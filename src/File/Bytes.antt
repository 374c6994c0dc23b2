-- ===== src/File/Bytes.antt =====
-- The bytes of a file on disk, and the reads and writes of headers and pages as seeks and transfers of
-- bytes (src/file.cpp). Numbers stand in them as on a little-endian machine.
pub mod Numbers
pub mod Blocks
pub mod Image
pub mod Writes
pub mod Reads
pub mod Refines
use hit_database_exp3p2_cpp.Base.{
  ℕ, ◌+◌, ◌-◌, ◌*◌, ◌/◌, ◌%◌, ◌^◌, Option, none, some, List, [], ◌∷◌, ◌++◌, leb, if◌then◌else◌,
  length, replicate, byte, slice, splice,
}
use hit_database_exp3p2_cpp.Page.{Page, PageHeader, header_size, data_size}
use hit_database_exp3p2_cpp.File.Stream.{FileHeader, file_header_size, page_position}

-- The bytes of a std::uint16_t and of a std::uint32_t, and back.
abbrev pub bytes16 : ℕ → List ℕ
bytes16 v = (v % 256) ∷ (v / 256 % 256) ∷ []

abbrev pub bytes32 : ℕ → List ℕ
bytes32 v = (v % 256) ∷ (v / 256 % 256) ∷ (v / 65536 % 256) ∷ (v / 16777216 % 256) ∷ []

abbrev pub number16 : List ℕ → ℕ → ℕ
number16 bs k = byte bs k + 256 * byte bs (k + 1)

abbrev pub number32 : List ℕ → ℕ → ℕ
number32 bs k = number16 bs k + 65536 * number16 bs (k + 2)

-- reinterpret_cast<char*>(&header), of a FileHeader and of a PageHeader.
unfoldable pub file_header_bytes : FileHeader → List ℕ
file_header_bytes h =
    bytes32 h.num_pages
    ++ (bytes32 h.first_used_page ++ (bytes32 h.num_free_pages ++ bytes32 h.first_free_page))

unfoldable pub file_header_of : List ℕ → FileHeader
file_header_of bs = record {
  num_pages = number32 bs 0;
  first_used_page = number32 bs 4;
  num_free_pages = number32 bs 8;
  first_free_page = number32 bs 12;
}

unfoldable pub page_header_bytes : PageHeader → List ℕ
page_header_bytes h =
    bytes16 h.free_space_lower_bound
    ++ (bytes16 h.free_space_upper_bound
        ++ (bytes16 h.num_slots
            ++ (bytes16 h.num_free_slots
                ++ (bytes32 h.current_page_number ++ bytes32 h.next_page_number))))

unfoldable pub page_header_of : List ℕ → PageHeader
page_header_of bs = record {
  free_space_lower_bound = number16 bs 0;
  free_space_upper_bound = number16 bs 2;
  num_slots = number16 bs 4;
  num_free_slots = number16 bs 6;
  current_page_number = number32 bs 8;
  next_page_number = number32 bs 12;
}

-- seekp and write; what is skipped behind the end is zeros.
unfoldable pub stream_write : ℕ → List ℕ → List ℕ → List ℕ
stream_write pos t bs = splice (bs ++ replicate (pos - length bs) 0) pos (length t) t

-- seekg and read; a read past the end fails.
unfoldable pub stream_read : ℕ → ℕ → List ℕ → Option (List ℕ)
stream_read pos n bs = if leb (pos + n) (length bs) then some (slice bs pos n) else none

unfoldable pub write_header_bytes : FileHeader → List ℕ → List ℕ
write_header_bytes h bs = stream_write 0 (file_header_bytes h) bs

unfoldable pub read_header_bytes : List ℕ → Option FileHeader
read_header_bytes bs = elim (stream_read 0 file_header_size bs) [
  | none ↦ none
  | some header ↦ some (file_header_of header)
]

-- writePage(page_number, header, new_page): the second write goes on where the first one ends.
unfoldable pub write_page_bytes : ℕ → PageHeader → Page → List ℕ → List ℕ
write_page_bytes n header new_page bs =
    let pos = page_position n in
    stream_write (pos + header_size) new_page.data_ (stream_write pos (page_header_bytes header) bs)

unfoldable pub read_page_header_bytes : ℕ → List ℕ → Option PageHeader
read_page_header_bytes n bs = elim (stream_read (page_position n) header_size bs) [
  | none ↦ none
  | some header ↦ some (page_header_of header)
]

-- The two reads of readPage(page_number, allow_free).
unfoldable pub read_page_bytes : ℕ → List ℕ → Option Page
read_page_bytes n bs =
    let pos = page_position n in
    elim (stream_read pos header_size bs) [
      | none ↦ none
      | some header ↦ elim (stream_read (pos + header_size) data_size bs) [
        | none ↦ none
        | some string ↦ some (record { header = page_header_of header; data_ = string })
      ]
    ]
════════════════════
> **Work task**: An exact repetition of the material above is required, from its first line through the line holding "unfoldable pub file_header_of", with nothing added.

> **Solution to this problem**:
filename src/File/Bytes.antt
repository 374c6994c0dc23b2
-- ===== src/File/Bytes.antt =====
-- The bytes of a file on disk, and the reads and writes of headers and pages as seeks and transfers of
-- bytes (src/file.cpp). Numbers stand in them as on a little-endian machine.
pub mod Numbers
pub mod Blocks
pub mod Image
pub mod Writes
pub mod Reads
pub mod Refines
use hit_database_exp3p2_cpp.Base.{
  ℕ, ◌+◌, ◌-◌, ◌*◌, ◌/◌, ◌%◌, ◌^◌, Option, none, some, List, [], ◌∷◌, ◌++◌, leb, if◌then◌else◌,
  length, replicate, byte, slice, splice,
}
use hit_database_exp3p2_cpp.Page.{Page, PageHeader, header_size, data_size}
use hit_database_exp3p2_cpp.File.Stream.{FileHeader, file_header_size, page_position}

-- The bytes of a std::uint16_t and of a std::uint32_t, and back.
abbrev pub bytes16 : ℕ → List ℕ
bytes16 v = (v % 256) ∷ (v / 256 % 256) ∷ []

abbrev pub bytes32 : ℕ → List ℕ
bytes32 v = (v % 256) ∷ (v / 256 % 256) ∷ (v / 65536 % 256) ∷ (v / 16777216 % 256) ∷ []

abbrev pub number16 : List ℕ → ℕ → ℕ
number16 bs k = byte bs k + 256 * byte bs (k + 1)

abbrev pub number32 : List ℕ → ℕ → ℕ
number32 bs k = number16 bs k + 65536 * number16 bs (k + 2)

-- reinterpret_cast<char*>(&header), of a FileHeader and of a PageHeader.
unfoldable pub file_header_bytes : FileHeader → List ℕ
file_header_bytes h =
    bytes32 h.num_pages
    ++ (bytes32 h.first_used_page ++ (bytes32 h.num_free_pages ++ bytes32 h.first_free_page))

unfoldable pub file_header_of : List ℕ → FileHeader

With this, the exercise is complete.